By that time, the state hopes to have built a replacement.

Until then, the battle under Bonner Bridge will continue. Ben Presgrave, a DOT diver, will continue his descents into the roiling current of Oregon Inlet. Like Spider-Man, he hugs the pilings, current to his back, moving down and up to check for corrosion and cracks, measuring to make sure key bridge supports are firmly embedded in sand.

"The current is awesome; it's so strong it'll blow you right across the bottom," Presgrave says. "It's nature, it's alive, it's always moving and never sits."

Underwater tug of war

On a recent bright Indian summer day, families fished off the beach in the shade of the bridge's spans. Small boats dotted the water, lines trailing into the water in search of bites. Cars and trucks whizzed by overhead, their wheels rhythmically thumping at every expansion joint.
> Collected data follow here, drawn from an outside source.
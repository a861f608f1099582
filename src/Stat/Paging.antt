-- ===== src/Stat/Paging.antt =====
-- Directory reads: what `dirread_chunk` returns is whole entries, at most `count` bytes of them, and
-- a directory stream decodes to the stats that were written.
use r9p.Base.{
  ℕ, ◌+◌, ◌^◌, ◌≤◌, ◌<◌, ◌≡◌, refl, sym, ◌∙◌, ap, Bytes, List, [], ◌∷◌, ◌++◌, length, length-append,
  append-nil, append_assoc, concat, map, All, Result, ok, arith, Result-cases, ◌⊎◌, inl, inr, leb,
  Bool-cases,
}
use r9p.Stat.{Stat, encode}
use r9p.Stat.Directory.{dirread_loop, dirread_chunk, sat_add64}
use r9p.Stat.RoundTrip.{IsStat, entry_bytes, encode_lem, length-entry_bytes}

dirread_loop-le :
    (stats : List Stat) (offset limit : ℕ) (out : Bytes) (position : ℕ) {data' : Bytes}
    → length out ≤ limit
    → limit < 2 ^ 32
    → dirread_loop stats offset limit out position ≡ ok data'
    → length data' ≤ limit
unfolding dirread_loop
dirread_loop-le [] offset limit out position h small e = ground arith
dirread_loop-le (s ∷ stats) offset limit out position {data' = data'} h small e =
    elim (Result-cases (encode s)) [
      | inr (x, bad) ↦ absurd (ground arith)
      | inl (bs, good) ↦
          let next = sat_add64 position (length bs) in
          ground (
            arith,
            length-append out bs,
            dirread_loop-le stats offset limit out next {data' = data'} h small,
            λ (k : length (out ++ bs) ≤ limit).
                dirread_loop-le stats offset limit (out ++ bs) next {data' = data'} k small,
          )
    ]

-- A directory read that succeeds never returns more than the `u32` count that the caller asked for.
pub dirread_chunk-le :
    (stats : List Stat) (offset count : ℕ) {data' : Bytes}
    → count < 2 ^ 32
    → dirread_chunk stats offset count ≡ ok data'
    → length data' ≤ count
unfolding dirread_chunk
dirread_chunk-le stats offset count small e =
    dirread_loop-le stats offset count [] 0 (omega arith) small e

-- The whole directory as one stream.
abbrev pub stream : List Stat → Bytes
stream stats = concat (map entry_bytes stats)

next_lem : (a b : ℕ) → a + b < 2 ^ 64 → sat_add64 a b ≡ a + b
next_lem a b h = omega arith

-- One round of the loop, at an entry that the offset lies behind and at one that it does not.
module _ (s : Stat) (stats : List Stat) (offset limit : ℕ) (out : Bytes) (position : ℕ)
    {bs : Bytes} where
  skip_step :
      encode s ≡ ok bs
      → position + length bs ≤ offset
      → offset < 2 ^ 64
      → dirread_loop (s ∷ stats) offset limit out position
        ≡ dirread_loop stats offset limit out (position + length bs)
  unfolding dirread_loop
  skip_step e h small =
      rw (e, dirread_loop, next_lem position (length bs) (omega arith)) (ground arith)

  take_step :
      encode s ≡ ok bs
      → offset ≤ position
      → 0 < length bs
      → position + length bs < 2 ^ 64
      → length out + length bs ≤ limit
      → limit < 2 ^ 32
      → dirread_loop (s ∷ stats) offset limit out position
        ≡ dirread_loop stats offset limit (out ++ bs) (position + length bs)
  unfolding dirread_loop
  take_step e before some_bytes small room bound =
      rw (e, dirread_loop, next_lem position (length bs) (omega arith)) (ground arith)

  full_step :
      encode s ≡ ok bs
      → offset ≤ position
      → 0 < length bs
      → position + length bs < 2 ^ 64
      → length out ≤ limit
      → limit < 2 ^ 32
      → limit < length out + length bs
      → dirread_loop (s ∷ stats) offset limit out position ≡ ok out
  unfolding dirread_loop
  full_step e before some_bytes small room bound over =
      rw (e, dirread_loop, next_lem position (length bs) (omega arith)) (ground arith)

-- Entries that end at or before the offset are skipped.
dirread_loop-skip :
    (front back : List Stat) (offset limit position : ℕ)
    → All IsStat front
    → position + length (stream front) ≡ offset
    → offset < 2 ^ 64
    → dirread_loop (front ++ back) offset limit [] position
      ≡ dirread_loop back offset limit [] offset
dirread_loop-skip [] back offset limit position h e small =
    ap (dirread_loop back offset limit []) (omega arith)
dirread_loop-skip (s ∷ front) back offset limit position h e small =
    let split = length-append (entry_bytes s) (stream front) in
    skip_step s (front ++ back) offset limit [] position (encode_lem s h.0) (omega (arith, split))
      small
    ∙ dirread_loop-skip front back offset limit (position + length (entry_bytes s)) h.1
        (omega (arith, split)) small

-- What a read at an entry boundary returns: the longest run of whole entries that fits.
pub data Page (back : List Stat) (limit : ℕ) (out : Bytes) (r : Result Bytes) : Type 0 where
  page :
      (mid rest : List Stat)
      → back ≡ mid ++ rest
      → r ≡ ok (out ++ stream mid)
      → length out + length (stream mid) ≤ limit
      → (rest ≡ [])
        ⊎ ((s : Stat) × (tail : List Stat) × (rest ≡ s ∷ tail)
            × (limit < length out + length (stream mid) + length (entry_bytes s)))
      → Page back limit out r

Page-cons :
    (s : Stat) (back : List Stat) (limit : ℕ) (out : Bytes) {r r' : Result Bytes}
    → r ≡ r'
    → Page back limit (out ++ entry_bytes s) r'
    → Page (s ∷ back) limit out r
Page-cons s back limit out e (page mid rest eq res room why) =
    let split = length-append (entry_bytes s) (stream mid) in
    let split' = length-append out (entry_bytes s) in
    page (s ∷ mid) rest (ap (◌∷◌ s) eq)
      (e ∙ res ∙ ap ok (append_assoc out (entry_bytes s) (stream mid)))
      (omega (arith, split, split')) (behind why)
  where
    behind :
        (rest ≡ [])
          ⊎ ((x : Stat) × (tail : List Stat) × (rest ≡ x ∷ tail)
              × (limit
                  < length (out ++ entry_bytes s) + length (stream mid) + length (entry_bytes x)))
        → (rest ≡ [])
          ⊎ ((x : Stat) × (tail : List Stat) × (rest ≡ x ∷ tail)
              × (limit < length out + length (stream (s ∷ mid)) + length (entry_bytes x)))
    behind (inl none_left) = inl none_left
    behind (inr (x, tail, next, over)) = inr (
      x,
      tail,
      next,
      omega (arith, length-append (entry_bytes s) (stream mid), length-append out (entry_bytes s)),
    )

dirread_loop-take :
    (back : List Stat) (offset limit : ℕ) (out : Bytes) (position : ℕ)
    → All IsStat back
    → offset ≤ position
    → position + length (stream back) < 2 ^ 64
    → length out ≤ limit
    → limit < 2 ^ 32
    → Page back limit out (dirread_loop back offset limit out position)
dirread_loop-take [] offset limit out position h before fits room small =
    page [] [] refl (unfold dirread_loop in rw append-nil) (omega arith) (inl refl)
dirread_loop-take (s ∷ back) offset limit out position h before fits room small =
    elim (Bool-cases (leb (length out + length (entry_bytes s)) limit)) [
      | inl fit ↦
          Page-cons s back limit out
            (take_step s back offset limit out position (encode_lem s h.0) before
              (omega (arith, size)) (omega (arith, split)) (ground arith) small)
            (dirread_loop-take back offset limit (out ++ entry_bytes s)
              (position + length (entry_bytes s)) h.1 (omega arith) (omega (arith, split))
              (ground (arith, length-append out (entry_bytes s))) small)
      | inr over ↦
          page [] (s ∷ back) refl
            (full_step s back offset limit out position (encode_lem s h.0) before
                (omega (arith, size)) (omega (arith, split)) room small (ground arith)
              ∙ ap ok (sym (append-nil out)))
            (omega arith) (inr (s, back, refl, ground arith))
    ]
  where
    split : length (stream (s ∷ back)) ≡ length (entry_bytes s) + length (stream back)
    split = length-append (entry_bytes s) (stream back)

    size : 2 ≤ length (entry_bytes s)
    size = omega (arith, length-entry_bytes s)

-- A directory read at the end of the entries `front` returns the longest run of whole entries
-- behind them that `count` bytes hold; for stats that fit the wire, a directory below 2 ^ 64 bytes and
-- a `u32` count.
pub dirread_chunk-Page :
    (front back : List Stat) (count : ℕ)
    → All IsStat front
    → All IsStat back
    → length (stream front) + length (stream back) < 2 ^ 64
    → count < 2 ^ 32
    → Page back count [] (dirread_chunk (front ++ back) (length (stream front)) count)
unfolding dirread_chunk
dirread_chunk-Page front back count hf hb fits small =
    rw (dirread_loop-skip front back (length (stream front)) count 0 hf (omega arith) (omega arith))
      (dirread_loop-take back (length (stream front)) count [] (length (stream front)) hb
        (omega arith) fits (omega arith) small)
The scene beneath the bridge is not so pretty. Saltwater has eroded the concrete. Rusted braids of reinforcing cables dangle from the belly of the roadbed. Patches of rusted rebar dot the bridge's bottom like the crude scars of Frankenstein's monster.
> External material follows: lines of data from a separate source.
-- ===== src/Stat/Stream.antt =====
-- `decode_dir_entries` on any bytes, and on the stream that a directory's stats make.
use r9p.Base.{
  ℕ, zero, suc, ◌+◌, ◌^◌, ◌≤◌, ◌<◌, ◌≡◌, ◌≢◌, sym, ◌∙◌, ap, Bytes, List, [], ◌∷◌, ◌++◌, length,
  length-append, append-nil, append_assoc, All, ok, some, none, arith, Result-cases, inl, inr,
  take-append_left, drop-append_left, get_or,
}
use r9p.Wire.{from_le, to_le}
use r9p.Wire.Reads.{from_le-to_le}
use r9p.Stat.{Stat}
use r9p.Stat.Decode.{decode, next_entry, decode_dir_loop, decode_dir_entries}
use r9p.Stat.RoundTrip.{IsStat, entry_bytes, stat_bytes, decode_lem, length-entry_bytes}
use r9p.Stat.Paging.{stream}

-- An entry moves the offset by two bytes at least.
next_entry-lt :
    (data' : Bytes) (offset : ℕ) {s : Stat} {end : ℕ}
    → next_entry data' offset ≡ ok (s, end)
    → offset + 2 ≤ end
unfolding next_entry
next_entry-lt data' offset e = ground arith

decode_dir_loop-ne-none :
    (fuel : ℕ) (data' : Bytes) (offset : ℕ) (entries : List Stat)
    → length data' ≤ fuel + offset
    → decode_dir_loop fuel data' offset entries ≢ none
unfolding decode_dir_loop
decode_dir_loop-ne-none zero data' offset entries h = ground arith
decode_dir_loop-ne-none (suc fuel) data' offset entries h =
    elim (Result-cases (next_entry data' offset)) [
      | inr (x, bad) ↦ ground arith
      | inl ((s, end), good) ↦ ground (
        arith,
        next_entry-lt data' offset good,
        decode_dir_loop-ne-none fuel data' end (entries ++ (s ∷ [])),
      )
    ]

-- The loop over a directory stream ends on any bytes.
pub decode_dir_entries-ne-none : (data' : Bytes) → decode_dir_entries data' ≢ none
unfolding decode_dir_entries
decode_dir_entries-ne-none data' = decode_dir_loop-ne-none (length data') data' 0 [] (omega arith)

-- The size in front of an entry.
abbrev size_of : Bytes → ℕ
size_of bs = from_le (get_or bs 0 0 ∷ get_or bs 1 0 ∷ [])

size_of_lem : (n : ℕ) (rest : Bytes) → n < 2 ^ 16 → size_of (to_le 2 n ++ rest) ≡ n
unfolding to_le
size_of_lem n rest h = from_le-to_le 2 n h

next_entry_sized :
    (before after entry : Bytes) (n : ℕ) {s : Stat}
    → n + 2 ≡ length entry
    → size_of (entry ++ after) ≡ n
    → decode entry ≡ ok s
    → length (before ++ (entry ++ after)) < 2 ^ 64
    → next_entry (before ++ (entry ++ after)) (length before) ≡ ok (s, length before + length entry)
unfolding next_entry
next_entry_sized before after entry n sized size good fits =
    rw (drop-append_left before (entry ++ after), size, sized, take-append_left entry after, good)
      (ground (arith, length-append before (entry ++ after), length-append entry after))

next_entry_lem :
    (before after : Bytes) (s : Stat)
    → IsStat s
    → length (before ++ (entry_bytes s ++ after)) < 2 ^ 64
    → next_entry (before ++ (entry_bytes s ++ after)) (length before)
      ≡ ok (s, length before + length (entry_bytes s))
next_entry_lem before after s h fits =
    let n = length (stat_bytes s) in
    next_entry_sized before after (entry_bytes s) n (sym (length-entry_bytes s))
      (ap size_of (append_assoc (to_le 2 n) (stat_bytes s) after)
        ∙ size_of_lem n (stat_bytes s ++ after) h.body_fits)
      (decode_lem s h) fits

round_lem :
    (fuel : ℕ) (data' : Bytes) (offset : ℕ) (entries : List Stat) {s : Stat} {end : ℕ}
    → offset < length data'
    → next_entry data' offset ≡ ok (s, end)
    → decode_dir_loop (suc fuel) data' offset entries
      ≡ decode_dir_loop fuel data' end (entries ++ (s ∷ []))
unfolding decode_dir_loop
round_lem fuel data' offset entries h e = ground arith

decode_dir_loop-end :
    (fuel : ℕ) (data' : Bytes) (entries : List Stat)
    → decode_dir_loop fuel data' (length data') entries ≡ some (ok entries)
unfolding decode_dir_loop
decode_dir_loop-end zero data' entries = ground arith
decode_dir_loop-end (suc fuel) data' entries = ground arith

decode_dir_loop-stream :
    (fuel : ℕ) (before : Bytes) (stats entries : List Stat)
    → All IsStat stats
    → length (before ++ stream stats) < 2 ^ 64
    → length (stream stats) ≤ fuel
    → decode_dir_loop fuel (before ++ stream stats) (length before) entries
      ≡ some (ok (entries ++ stats))
decode_dir_loop-stream fuel before [] entries h fits enough =
    rw (append-nil, append-nil) (decode_dir_loop-end fuel before entries)
decode_dir_loop-stream zero before (s ∷ stats) entries h fits enough =
    absurd (omega (arith, length-append (entry_bytes s) (stream stats), length-entry_bytes s))
decode_dir_loop-stream (suc fuel) before (s ∷ stats) entries h fits enough =
    round_lem fuel _ (length before) entries (omega (arith, split, split', length-entry_bytes s))
      (next_entry_lem before (stream stats) s h.0 fits)
    ∙ rw
        (
          ← append_assoc before (entry_bytes s) (stream stats),
          ← length-append before (entry_bytes s),
        )
        (decode_dir_loop-stream fuel (before ++ entry_bytes s) stats (entries ++ (s ∷ [])) h.1
          (rw append_assoc fits) (omega (arith, split', length-entry_bytes s)))
    ∙ ap (λ (l : List Stat). some (ok l)) (append_assoc entries (s ∷ []) stats)
  where
    split : length (before ++ stream (s ∷ stats)) ≡ length before + length (stream (s ∷ stats))
    split = length-append before (stream (s ∷ stats))

    split' : length (stream (s ∷ stats)) ≡ length (entry_bytes s) + length (stream stats)
    split' = length-append (entry_bytes s) (stream stats)

-- The stream of a directory decodes to its stats, in order, where each fits the wire and the whole is
-- below 2 ^ 64 bytes.
pub decode_dir_entries-stream :
    (stats : List Stat)
    → All IsStat stats
    → length (stream stats) < 2 ^ 64
    → decode_dir_entries (stream stats) ≡ some (ok stats)
unfolding decode_dir_entries
decode_dir_entries-stream stats h fits =
    decode_dir_loop-stream (length (stream stats)) [] stats [] h fits (omega arith)
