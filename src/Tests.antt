-- ===== src/Tests.antt =====
-- Runs at concrete inputs: the theorems applied to messages, directories and sessions.
pub mod Wire
pub mod Table
pub mod Sessions
pub mod Snapshots
pub mod Routes
pub mod Chunks
pub mod Exchange
pub mod Client
pub mod Paths
pub mod Cache
pub mod Endpoint
pub mod Service
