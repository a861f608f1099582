-- ===== src/Tests/Cache.antt =====
-- The namespace cache: a listing of the root, and a change below it.
use r9p.Base.{inr, ◌≡◌, refl, inl, true, bytes, beq, List, [], ◌∷◌, none, some}
use r9p.Base.Text.{split_from, path_eq}
use r9p.Stat.{Stat}
use r9p.Cache.Keyed.{FilePath, find, update, adjust}
use r9p.Cache.{
  DirEntry, is_stale, is_dir, stat_if_fresh, directory_if_fresh, set_stat, update_stat,
  update_directory, seed_child_stats, parse_absolute_path, mark_namespace_change,
}
use r9p.Cache.Fresh.{CacheOp, updates_stat, updates_directory, apply, run, run_listing}
use r9p.Cache.Stale.{Hidden, change_hides}

abbrev directory_stat : Stat
directory_stat = record {
  kind = 0;
  dev = 0;
  qid = record { qtype = 0x80; version = 0; path = 1 };
  mode = 0x8000_0000;
  atime = 0;
  mtime = 0;
  length = 0;
  name = b'/' ∷ [];
  uid = [];
  gid = [];
  muid = [];
}

abbrev file_stat : Stat
file_stat = record directory_stat {
  qid = record { qtype = 0; version = 0; path = 2 };
  mode = 420;
  name = b'a' ∷ [];
}

abbrev listing : List DirEntry
listing = record { name = b'a' ∷ []; qid = file_stat.qid; stat = file_stat } ∷ []

abbrev observed : List CacheOp
observed = updates_stat 1 [] directory_stat ∷ updates_directory 2 [] listing ∷ []

listing_served : directory_if_fresh [] (run [] observed) ≡ some listing
unfolding directory_if_fresh run apply update_stat update_directory update adjust find set_stat
    seed_child_stats path_eq is_dir is_stale beq bytes
listing_served = refl

run_listing_example : (s : Stat) × (stat_if_fresh [] (run [] observed) ≡ some s) × (is_dir s ≡ true)
run_listing_example = run_listing observed [] listing listing_served

abbrev child : FilePath
child = (b'a' ∷ []) ∷ []

-- The child changes, and then the root is observed again.
change_hides_example : Hidden child (
    run
      (mark_namespace_change 3 (b'/' ∷ b'a' ∷ []) none (run [] observed))
      (updates_stat 4 [] directory_stat ∷ []))
unfolding parse_absolute_path split_from beq path_eq
change_hides_example =
    change_hides (run [] observed) 3 (b'/' ∷ b'a' ∷ []) none child
      (updates_stat 4 [] directory_stat ∷ []) (inl (inr (child, [], refl, refl))) (refl, tt)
The rippling water hid the hydraulic tug of war under the surface. Oregon Inlet has more high winds, strong tides, storms and shifting sands than any other inlet on the East Coast. The ebb and flow is titanic on a daily basis. Hurricanes and nor'easters can blast mountains of seawater and sand through the narrow inlet and into the vast reaches of the Albemarle and Pamlico sounds.

In 1846, a major hurricane tore open Oregon Inlet, two miles north of its current location. Two lighthouses were built in the 1800s on Hatteras Island, on the south side of the inlet, and toppled into the ocean. The third, current lighthouse was built in 1872 out of harm's way on Bodie Island, on the north side of the inlet.

Accessible only by boat, Hatteras Island remained remote and largely undeveloped until construction began on the Bonner Bridge in 1962. The battle with the ocean started immediately, when a major nor'easter known as the Ash Wednesday storm wiped out the first stage of construction.